Митрофаныч быстро перекрестился на красный угол с мутными ликами Николая-угодника и Божьей Матери.
— Прости господи!
— Господь ни при чем, — покачал головой немец. — Мы сами это сделайт. Хотя и многое не понимайт.
— Кто «мы»? — не понял Митрофаныч.
— Мы есть группа ученых. Мы запускать коллайдер «Ника». У вас в Дубна. Мы получать бозон Хиггс. Потом получать непредсказательный результат. Анабиоз. Вы фсе спать. Мы — нет. Мы приобретать неожиданный способность. Нечеловеческий способность.
Митрофаныч выпучился на немца, заморгал непонимающе, как разбуженная среди бела дня сова.
— Чего? — пробормотал он.
— Они не люди, — пояснил я. — Пока мы тридцать лет дрыхли их милостью, они получили какие-то способности. Божий дар.
— Да-да, — закивал Штаммбергер. — Например, я не умирать.
— Он бессмертный, — перевел я для Митрофаныча.
— Не софсем так, — поспешно поправил немец. — Я умирать. Много раз. Боль, мука. Умирать. Фсе время. Потом снова возрождаться.
— Его дар в том, что он возрождается всякий раз, как умрет, — продолжил играть в переводчика я. — А проклятье в том, что он очень быстро снова дохнет. И, судя по всему, ему это не очень нравится.
— Йа, — кивнул немец.
— Это я понял! — снова разорался успокоившийся было Митрофаныч. — Но как?
Немец повел плечами и притянул к себе нетронутый стакан. Видно, для него это была больная тема.
— Какая разница? — покосился я на Митрофаныча. — Тебе это так важно знать?
— Важно.
— Зачем?
— Важно, — с нажимом повторил хозяин. — Потому что человек имеет право знать, что с ним происходит.
Немец крутил стакан в руке, мелкими глоточками потягивал самогон. На Митрофаныча он сейчас смотрел с большим интересом, чем на меня.
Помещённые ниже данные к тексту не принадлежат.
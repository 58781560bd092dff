-- ===== src/Privacy/Verdicts.antt =====
-- classify.ts: what may be recorded, and which flags it gets.
use copy_clipboard_app.Base.{
  Text, ◌≡◌, ◌≢◌, refl, sym, ap, ◌↔◌, ◌⊎◌, ◌∙◌, Bool, true, false, inl, inr, Option, none, some,
  List, [], ◌∷◌, ◌++◌, ltb, Some, length, if◌then◌else◌, Bool-cases,
}
use copy_clipboard_app.Protocol.Types.{
  Snapshot, Classification, PasteboardHint, Flag, MaskSpan, DetectorName,
}
use copy_clipboard_app.Privacy.Classify.{
  PrivacyRules, should_skip_on_hints, hint_flag, hint_flags, finds_secret, classify,
}
use copy_clipboard_app.Privacy.Refusals.{
  HintsAllow, OwnerAllows, refuted, proved, should_skip_on_hints_lem, is_refused, is_refused_lem,
  ltb-suc,
}

abbrev pub Has : Flag → List Flag → Type 0
Has f flags = Some (λ g. g ≡ f) flags

abbrev pub IsHinted : PasteboardHint → List PasteboardHint → Type 0
IsHinted h hints = Some (λ g. g ≡ h) hints

-- There is a text that is not empty, in which a detector that is on finds a span.
pub record IsSecret (detect : Text → List DetectorName → List MaskSpan) (t : Option Text)
    (names : List DetectorName) : Type 0 where
  pub text : Text
  pub copied : t ≡ some text
  pub filled : text ≢ []
  pub found : detect text names ≢ []

Some-append :
    {A : Type 0} (P : A → Type 0) (xs ys : List A) → Some P (xs ++ ys) ↔ (Some P xs ⊎ Some P ys)
Some-append P [] ys = (inr, λ h. elim h [ inl a ↦ absurd a | inr a ↦ a ])
Some-append P (x ∷ xs) ys =
    let rest = Some-append P xs ys in
    (
      λ h. elim h [
        | inl a ↦ inl (inl a)
        | inr a ↦ elim (rest.0 a) [ inl b ↦ inl (inr b) | inr b ↦ inr b ]
      ],
      λ h. elim h [
        | inl a ↦ elim a [ inl b ↦ inl b | inr b ↦ inr (rest.1 (inl b)) ]
        | inr a ↦ inr (rest.1 (inr a))
      ],
    )

filled_ltb : {A : Type 0} (xs : List A) → xs ≢ [] → ltb 0 (length xs) ≡ true
filled_ltb [] h = absurd (h refl)
filled_ltb (x ∷ xs) h = ltb-suc (length xs)

finds_secret_lem :
    (detect : Text → List DetectorName → List MaskSpan) (t : Option Text) (rules : PrivacyRules)
    → (finds_secret detect t rules ≡ true) ↔ IsSecret detect t rules.detectors
finds_secret_lem detect none rules = (λ e. cc, λ k. cc k.copied)
finds_secret_lem detect (some []) rules =
    (λ e. cc, λ k. absurd (k.filled (let same : [] ≡ k.text = cc k.copied in sym same)))
finds_secret_lem detect (some (c ∷ t)) rules = (
  λ e. record {
    text = c ∷ t;
    copied = refl;
    filled = λ d. cc;
    found = λ d. absurd (cc (e, ap (λ spans. ltb 0 (length spans)) d));
  },
  λ k.
      let same : (c ∷ t) ≡ k.text = cc k.copied in
      filled_ltb (detect (c ∷ t) rules.detectors)
        (λ d. k.found (ap (λ t. detect t rules.detectors) (sym same) ∙ d)),
)

-- A flag that stands for a hint is there exactly if the hint is.
hint_flags_lem :
    (f : Flag) (h : PasteboardHint)
    → ((g : PasteboardHint) → Has f (hint_flag g) ↔ (g ≡ h))
    → (hints : List PasteboardHint) → Has f (hint_flags hints) ↔ IsHinted h hints
unfolding hint_flags
hint_flags_lem f h one [] = (λ e. e, λ e. e)
hint_flags_lem f h one (g ∷ hints) =
    let rest = hint_flags_lem f h one hints in
    (
      λ e. elim ((Some-append _ (hint_flag g) (hint_flags hints)).0 e) [
        | inl a ↦ inl ((one g).0 a)
        | inr a ↦ inr (rest.0 a)
      ],
      λ e.
          (Some-append _ (hint_flag g) (hint_flags hints)).1
            (elim e [ inl a ↦ inl ((one g).1 a) | inr a ↦ inr (rest.1 a) ]),
    )

transient_lem :
    (g : PasteboardHint) → Has Flag.transient (hint_flag g) ↔ (g ≡ PasteboardHint.transient)
transient_lem PasteboardHint.transient = (λ e. refl, λ e. inl refl)
transient_lem PasteboardHint.concealed = (λ e. absurd e, λ e. cc)
transient_lem PasteboardHint.password_manager = (λ e. absurd e, λ e. cc)
transient_lem PasteboardHint.auto_generated =
    (λ e. elim e [ inl a ↦ cc | inr a ↦ absurd a ], λ e. cc)

auto_generated_lem :
    (g : PasteboardHint)
    → Has Flag.auto_generated (hint_flag g) ↔ (g ≡ PasteboardHint.auto_generated)
auto_generated_lem PasteboardHint.auto_generated = (λ e. refl, λ e. inl refl)
auto_generated_lem PasteboardHint.concealed = (λ e. absurd e, λ e. cc)
auto_generated_lem PasteboardHint.password_manager = (λ e. absurd e, λ e. cc)
auto_generated_lem PasteboardHint.transient =
    (λ e. elim e [ inl a ↦ cc | inr a ↦ absurd a ], λ e. cc)

not_secret : (hints : List PasteboardHint) → Has Flag.secret (hint_flags hints) → ⊥
unfolding hint_flags
not_secret [] e = e
not_secret (PasteboardHint.concealed ∷ hints) e = not_secret hints e
not_secret (PasteboardHint.password_manager ∷ hints) e = not_secret hints e
not_secret (PasteboardHint.transient ∷ hints) e = elim e [ inl a ↦ cc | inr a ↦ not_secret hints a ]
not_secret (PasteboardHint.auto_generated ∷ hints) e = elim e [
  | inl a ↦ cc
  | inr a ↦ not_secret hints a
]

beside : (f : Flag) → f ≢ Flag.secret → (fs : List Flag) → Has f (fs ++ Flag.secret ∷ []) → Has f fs
beside f n fs h = elim ((Some-append (λ g. g ≡ f) fs (Flag.secret ∷ [])).0 h) [
  | inl a ↦ a
  | inr a ↦ elim a [ inl e ↦ absurd (n (sym e)) | inr b ↦ absurd b ]
]

-- The flag `secret` is there exactly if there is a secret, and one of a hint exactly if the hint is.
abbrev pub IsFlagged :
    (Text → List DetectorName → List MaskSpan) → Snapshot → PrivacyRules → List Flag → Type 0
IsFlagged detect s rules flags =
    (Has Flag.secret flags ↔ IsSecret detect s.primary_text rules.detectors)
    × (Has Flag.transient flags ↔ IsHinted PasteboardHint.transient s.hints)
    × (Has Flag.auto_generated flags ↔ IsHinted PasteboardHint.auto_generated s.hints)

flags_lem :
    (detect : Text → List DetectorName → List MaskSpan) (s : Snapshot) (rules : PrivacyRules)
    → (b : Bool) → finds_secret detect s.primary_text rules ≡ b
    → IsFlagged detect s rules
        (if b then hint_flags s.hints ++ Flag.secret ∷ [] else hint_flags s.hints)
flags_lem detect s rules true e =
    let fs = hint_flags s.hints in
    let t = hint_flags_lem Flag.transient PasteboardHint.transient transient_lem s.hints in
    let a =
      hint_flags_lem Flag.auto_generated PasteboardHint.auto_generated auto_generated_lem s.hints in
    let ends = λ (f : Flag). Some-append (λ g. g ≡ f) fs (Flag.secret ∷ []) in
    (
      (
        λ h. (finds_secret_lem detect s.primary_text rules).0 e,
        λ h. (ends Flag.secret).1 (inr (inl refl)),
      ),
      (λ h. t.0 (beside Flag.transient (λ d. cc) fs h), λ h. (ends Flag.transient).1 (inl (t.1 h))),
      (
        λ h. a.0 (beside Flag.auto_generated (λ d. cc) fs h),
        λ h. (ends Flag.auto_generated).1 (inl (a.1 h)),
      ),
    )
flags_lem detect s rules false e = (
  (
    λ h. absurd (not_secret s.hints h),
    λ h. let d = (finds_secret_lem detect s.primary_text rules).1 h in absurd (cc (e, d)),
  ),
  hint_flags_lem Flag.transient PasteboardHint.transient transient_lem s.hints,
  hint_flags_lem Flag.auto_generated PasteboardHint.auto_generated auto_generated_lem s.hints,
)

-- The three verdicts on a copy, each with what it says of the copy.
abbrev pub IsJudged :
    (Text → List DetectorName → List MaskSpan) → Snapshot → PrivacyRules → Classification → Type 0
IsJudged detect s rules v =
    ((HintsAllow s rules → ⊥) × (v.records ≡ false) × (v.flags ≡ Flag.concealed ∷ []))
    ⊎ (HintsAllow s rules
        × (OwnerAllows s.source_app rules.excluded_bundle_ids → ⊥)
        × (v.records ≡ false)
        × (v.flags ≡ Flag.excluded ∷ []))
    ⊎ (HintsAllow s rules
        × OwnerAllows s.source_app rules.excluded_bundle_ids
        × (v.records ≡ true)
        × IsFlagged detect s rules v.flags)

-- A copy of which an honoured hint says that it is concealed or of a password manager is not recorded,
-- with the flag `concealed` alone. Any other copy is not recorded, with the flag `excluded` alone, if
-- applications are excluded and its owner is one of them or is not known. Every copy that is left is
-- recorded; the flag `secret` is among its flags exactly if its text is there, is not empty, and a
-- detector that is on finds a span in it, and `transient` and `auto-generated` exactly if they are
-- among its hints.
pub classify_lem :
    (detect : Text → List DetectorName → List MaskSpan) (s : Snapshot) (rules : PrivacyRules)
    → IsJudged detect s rules (classify detect s rules)
unfolding classify
classify_lem detect s rules =
    let hints = should_skip_on_hints_lem s rules in
    let owner = is_refused_lem s.source_app rules.excluded_bundle_ids in
    let Owner = OwnerAllows s.source_app rules.excluded_bundle_ids in
    elim (Bool-cases (should_skip_on_hints s.hints rules)) [
      | inl e ↦ rw e (inl (refuted (HintsAllow s rules) _ e hints, refl, refl))
      | inr e ↦
          let allowed = proved (HintsAllow s rules) _ e hints in
          elim (Bool-cases (is_refused s.source_app rules.excluded_bundle_ids)) [
            | inl f ↦ rw (e, f) (inr (inl (allowed, refuted Owner _ f owner, refl, refl)))
            | inr f ↦
                let known = proved Owner _ f owner in
                elim (Bool-cases (finds_secret detect s.primary_text rules)) [
                  | inl g ↦
                      rw (e, f, g)
                        (inr (inr (allowed, known, refl, flags_lem detect s rules true g)))
                  | inr g ↦
                      rw (e, f, g)
                        (inr (inr (allowed, known, refl, flags_lem detect s rules false g)))
                ]
          ]
    ]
Оно и понятно: хозяин проявил любопытство, ему можно на уши присесть.
— Я могу объясняет, — оседлал своего конька Штаммбергер. — Есть множко версий. Есть очен занятный версий. Например, я говорить с корейский коллега. Очен любопытно. В следствие наш эксперимент там возникла червоточина. В нее попал… — немец пощелкал пальцами, подбирая слово, — Flugzeug.